--- START ---

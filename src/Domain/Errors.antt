-- ===== src/Domain/Errors.antt =====
-- What a use case may throw: the domain errors of backend/src/core/domain/errors, which carry a
-- code for the client, and the failures of the infrastructure, which are no `DomainError`.
use onion_architecture.Domain.Kinds.{Text, Cents}

pub data EntityName : Type 0 where
  branch slot reservation session payment user : EntityName

pub data DomainError : Type 0 where
  slot_not_available invalid_qr_code reservation_queue_unavailable session_not_active : DomainError
  payment_not_approved reservation_expired payment_service_unavailable : DomainError
  reservation_already_active reservation_not_started no_availability : DomainError
  session_already_active parking_service_unavailable : DomainError
  overstay_payment_insufficient : Cents → DomainError
  not_found : EntityName → Text → DomainError
  -- Of auth-service.
  invalid_credentials invalid_mfa_code mfa_already_enabled mfa_not_configured : DomainError
  email_already_registered : DomainError

pub data InfraError : Type 0 where
  -- `update` or `findUniqueOrThrow` of a row that is not there
  record_not_found : InfraError
  -- a second row with the value of a column that is `@unique`
  unique_violation : InfraError
  -- a field read from `null`
  type_error : InfraError
  -- a call of another service that fails
  call_failed : InfraError
  -- a setting that is missing
  not_configured : InfraError

pub data Failure : Type 0 where
  domain : DomainError → Failure
  infra : InfraError → Failure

--- END ---

The required output is the stretch of entries above from the line containing "pub data EntityName : Type 0 where" through the line containing "unique_violation : InfraError", reproduced exactly.

* _Answer for the task_:
pub data EntityName : Type 0 where
  branch slot reservation session payment user : EntityName

pub data DomainError : Type 0 where
  slot_not_available invalid_qr_code reservation_queue_unavailable session_not_active : DomainError
  payment_not_approved reservation_expired payment_service_unavailable : DomainError
  reservation_already_active reservation_not_started no_availability : DomainError
  session_already_active parking_service_unavailable : DomainError
  overstay_payment_insufficient : Cents → DomainError
  not_found : EntityName → Text → DomainError
  -- Of auth-service.
  invalid_credentials invalid_mfa_code mfa_already_enabled mfa_not_configured : DomainError
  email_already_registered : DomainError

pub data InfraError : Type 0 where
  -- `update` or `findUniqueOrThrow` of a row that is not there
  record_not_found : InfraError
  -- a second row with the value of a column that is `@unique`
  unique_violation : InfraError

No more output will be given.